■ WORK TO BE COMPLETED
Copy all lines below containing "parts".

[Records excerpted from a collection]
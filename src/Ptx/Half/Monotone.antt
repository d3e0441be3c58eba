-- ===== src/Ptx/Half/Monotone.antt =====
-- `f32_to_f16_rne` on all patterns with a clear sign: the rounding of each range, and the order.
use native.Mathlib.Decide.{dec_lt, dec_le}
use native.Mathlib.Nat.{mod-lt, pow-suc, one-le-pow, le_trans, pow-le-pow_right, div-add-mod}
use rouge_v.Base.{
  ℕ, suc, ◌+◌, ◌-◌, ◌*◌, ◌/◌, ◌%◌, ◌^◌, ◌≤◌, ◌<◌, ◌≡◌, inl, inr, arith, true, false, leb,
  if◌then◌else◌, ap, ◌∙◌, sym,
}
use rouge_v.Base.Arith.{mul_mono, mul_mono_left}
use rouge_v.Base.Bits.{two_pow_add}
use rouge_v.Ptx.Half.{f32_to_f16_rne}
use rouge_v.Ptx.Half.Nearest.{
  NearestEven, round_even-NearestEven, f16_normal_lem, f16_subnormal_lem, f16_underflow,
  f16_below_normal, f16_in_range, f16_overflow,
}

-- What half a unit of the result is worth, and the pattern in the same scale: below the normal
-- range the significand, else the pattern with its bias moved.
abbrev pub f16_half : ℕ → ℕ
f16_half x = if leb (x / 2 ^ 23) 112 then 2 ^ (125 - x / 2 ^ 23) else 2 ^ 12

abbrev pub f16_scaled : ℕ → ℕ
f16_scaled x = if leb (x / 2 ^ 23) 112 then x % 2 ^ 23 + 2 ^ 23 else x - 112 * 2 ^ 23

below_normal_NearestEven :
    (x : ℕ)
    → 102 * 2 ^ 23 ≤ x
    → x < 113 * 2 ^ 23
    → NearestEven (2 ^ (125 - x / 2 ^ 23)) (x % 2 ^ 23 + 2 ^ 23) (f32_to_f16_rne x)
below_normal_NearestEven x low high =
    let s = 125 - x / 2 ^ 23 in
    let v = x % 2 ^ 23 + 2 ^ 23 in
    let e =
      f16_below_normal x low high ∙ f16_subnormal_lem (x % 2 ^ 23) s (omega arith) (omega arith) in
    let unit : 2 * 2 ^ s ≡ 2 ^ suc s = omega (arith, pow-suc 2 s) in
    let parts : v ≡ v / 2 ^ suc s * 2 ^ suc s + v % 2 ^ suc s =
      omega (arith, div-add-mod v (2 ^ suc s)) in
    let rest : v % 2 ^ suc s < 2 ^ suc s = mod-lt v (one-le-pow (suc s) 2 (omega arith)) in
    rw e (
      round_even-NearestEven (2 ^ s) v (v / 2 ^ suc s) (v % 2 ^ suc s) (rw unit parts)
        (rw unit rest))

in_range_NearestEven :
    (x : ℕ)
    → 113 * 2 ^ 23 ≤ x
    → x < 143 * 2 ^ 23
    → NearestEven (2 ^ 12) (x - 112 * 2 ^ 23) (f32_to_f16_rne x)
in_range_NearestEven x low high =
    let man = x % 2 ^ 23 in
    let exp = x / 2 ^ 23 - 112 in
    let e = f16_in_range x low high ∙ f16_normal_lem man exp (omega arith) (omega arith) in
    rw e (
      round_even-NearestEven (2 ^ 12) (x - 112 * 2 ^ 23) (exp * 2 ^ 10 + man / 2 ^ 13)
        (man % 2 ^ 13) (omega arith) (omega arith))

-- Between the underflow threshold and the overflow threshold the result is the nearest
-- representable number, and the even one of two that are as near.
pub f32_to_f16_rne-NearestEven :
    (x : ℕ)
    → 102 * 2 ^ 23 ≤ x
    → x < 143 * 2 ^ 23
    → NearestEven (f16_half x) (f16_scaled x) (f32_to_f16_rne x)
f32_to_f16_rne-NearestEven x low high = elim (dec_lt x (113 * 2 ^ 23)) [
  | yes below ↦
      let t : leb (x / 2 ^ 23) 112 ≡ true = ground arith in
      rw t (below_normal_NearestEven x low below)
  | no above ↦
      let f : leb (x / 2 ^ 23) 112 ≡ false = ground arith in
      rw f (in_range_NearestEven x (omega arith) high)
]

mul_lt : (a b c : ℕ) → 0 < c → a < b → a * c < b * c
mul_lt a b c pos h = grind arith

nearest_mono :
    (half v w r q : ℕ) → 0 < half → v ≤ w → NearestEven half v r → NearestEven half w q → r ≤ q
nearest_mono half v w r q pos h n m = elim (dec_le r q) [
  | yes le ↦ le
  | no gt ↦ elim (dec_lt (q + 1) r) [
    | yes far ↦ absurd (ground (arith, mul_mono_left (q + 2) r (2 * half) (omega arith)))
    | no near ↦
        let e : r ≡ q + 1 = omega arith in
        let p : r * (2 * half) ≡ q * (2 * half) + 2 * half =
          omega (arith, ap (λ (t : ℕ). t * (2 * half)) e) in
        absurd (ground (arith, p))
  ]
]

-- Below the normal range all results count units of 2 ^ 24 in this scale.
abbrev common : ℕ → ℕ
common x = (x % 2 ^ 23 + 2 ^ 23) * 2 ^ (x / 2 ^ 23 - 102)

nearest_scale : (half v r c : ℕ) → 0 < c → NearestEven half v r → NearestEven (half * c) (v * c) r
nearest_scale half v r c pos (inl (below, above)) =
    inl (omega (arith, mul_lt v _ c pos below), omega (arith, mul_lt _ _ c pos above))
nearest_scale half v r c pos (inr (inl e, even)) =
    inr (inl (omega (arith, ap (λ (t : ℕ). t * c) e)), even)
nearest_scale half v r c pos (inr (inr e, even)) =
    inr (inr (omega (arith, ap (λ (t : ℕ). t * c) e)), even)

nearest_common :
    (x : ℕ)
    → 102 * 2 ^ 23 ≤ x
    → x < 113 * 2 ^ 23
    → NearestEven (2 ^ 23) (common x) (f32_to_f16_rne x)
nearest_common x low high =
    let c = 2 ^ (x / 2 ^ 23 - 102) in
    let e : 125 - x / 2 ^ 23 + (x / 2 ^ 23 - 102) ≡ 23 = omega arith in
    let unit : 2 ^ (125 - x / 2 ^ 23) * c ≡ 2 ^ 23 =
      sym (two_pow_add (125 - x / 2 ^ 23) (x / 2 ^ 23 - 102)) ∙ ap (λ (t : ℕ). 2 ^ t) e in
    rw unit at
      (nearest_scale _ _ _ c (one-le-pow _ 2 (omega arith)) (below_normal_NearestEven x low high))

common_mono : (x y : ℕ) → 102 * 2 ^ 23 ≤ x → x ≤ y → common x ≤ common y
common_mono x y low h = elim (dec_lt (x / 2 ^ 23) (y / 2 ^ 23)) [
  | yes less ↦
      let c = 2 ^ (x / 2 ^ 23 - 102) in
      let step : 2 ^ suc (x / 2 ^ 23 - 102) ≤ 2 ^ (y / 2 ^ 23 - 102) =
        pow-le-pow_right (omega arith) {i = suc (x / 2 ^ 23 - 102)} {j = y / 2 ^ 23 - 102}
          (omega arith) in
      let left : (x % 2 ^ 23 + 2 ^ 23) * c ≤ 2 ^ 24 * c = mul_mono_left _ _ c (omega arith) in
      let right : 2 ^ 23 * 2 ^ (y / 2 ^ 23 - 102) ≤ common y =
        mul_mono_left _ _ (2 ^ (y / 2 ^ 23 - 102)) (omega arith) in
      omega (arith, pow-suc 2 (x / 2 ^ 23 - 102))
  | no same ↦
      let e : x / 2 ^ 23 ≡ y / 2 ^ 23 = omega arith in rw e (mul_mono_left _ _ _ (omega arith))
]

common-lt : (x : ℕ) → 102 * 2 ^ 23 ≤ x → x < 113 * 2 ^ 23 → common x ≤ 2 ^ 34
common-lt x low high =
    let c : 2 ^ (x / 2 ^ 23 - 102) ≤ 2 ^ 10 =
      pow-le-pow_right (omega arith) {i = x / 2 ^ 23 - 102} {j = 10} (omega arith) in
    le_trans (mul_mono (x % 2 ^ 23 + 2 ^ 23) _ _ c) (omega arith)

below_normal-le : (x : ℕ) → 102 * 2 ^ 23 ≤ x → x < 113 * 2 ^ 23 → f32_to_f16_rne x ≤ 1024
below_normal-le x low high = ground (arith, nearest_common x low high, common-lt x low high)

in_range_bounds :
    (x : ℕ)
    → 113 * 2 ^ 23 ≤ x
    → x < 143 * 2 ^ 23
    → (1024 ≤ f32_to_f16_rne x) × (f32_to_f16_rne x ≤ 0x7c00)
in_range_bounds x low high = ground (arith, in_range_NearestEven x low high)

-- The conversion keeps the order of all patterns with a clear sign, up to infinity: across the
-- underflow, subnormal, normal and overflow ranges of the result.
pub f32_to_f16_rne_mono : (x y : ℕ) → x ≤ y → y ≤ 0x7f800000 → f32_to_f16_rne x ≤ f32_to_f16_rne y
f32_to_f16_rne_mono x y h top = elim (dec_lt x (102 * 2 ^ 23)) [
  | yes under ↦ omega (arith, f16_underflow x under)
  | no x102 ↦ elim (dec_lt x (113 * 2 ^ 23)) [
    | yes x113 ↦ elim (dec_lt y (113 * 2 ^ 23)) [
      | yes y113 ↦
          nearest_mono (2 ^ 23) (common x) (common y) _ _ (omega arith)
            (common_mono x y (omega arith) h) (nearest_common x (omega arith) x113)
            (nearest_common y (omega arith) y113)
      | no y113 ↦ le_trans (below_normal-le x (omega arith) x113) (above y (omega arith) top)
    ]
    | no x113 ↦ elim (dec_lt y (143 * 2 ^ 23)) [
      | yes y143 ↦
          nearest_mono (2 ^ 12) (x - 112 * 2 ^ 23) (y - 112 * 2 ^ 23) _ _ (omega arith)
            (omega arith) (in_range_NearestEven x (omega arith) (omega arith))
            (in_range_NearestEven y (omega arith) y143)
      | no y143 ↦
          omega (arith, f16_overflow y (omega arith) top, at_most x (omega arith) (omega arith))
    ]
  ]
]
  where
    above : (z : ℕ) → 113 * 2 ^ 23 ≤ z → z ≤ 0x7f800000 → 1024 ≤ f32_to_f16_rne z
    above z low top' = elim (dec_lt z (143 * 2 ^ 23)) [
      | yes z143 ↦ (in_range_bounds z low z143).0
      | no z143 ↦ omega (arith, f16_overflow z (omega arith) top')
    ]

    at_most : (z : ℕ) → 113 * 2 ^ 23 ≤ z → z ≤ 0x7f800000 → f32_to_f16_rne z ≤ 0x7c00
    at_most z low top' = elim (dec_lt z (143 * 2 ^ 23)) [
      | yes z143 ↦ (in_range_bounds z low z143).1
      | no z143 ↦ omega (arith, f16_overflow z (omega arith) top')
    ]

■ YOUR RESPONSE
    let parts : v ≡ v / 2 ^ suc s * 2 ^ suc s + v % 2 ^ suc s =
      round_even-NearestEven (2 ^ s) v (v / 2 ^ suc s) (v % 2 ^ suc s) (rw unit parts)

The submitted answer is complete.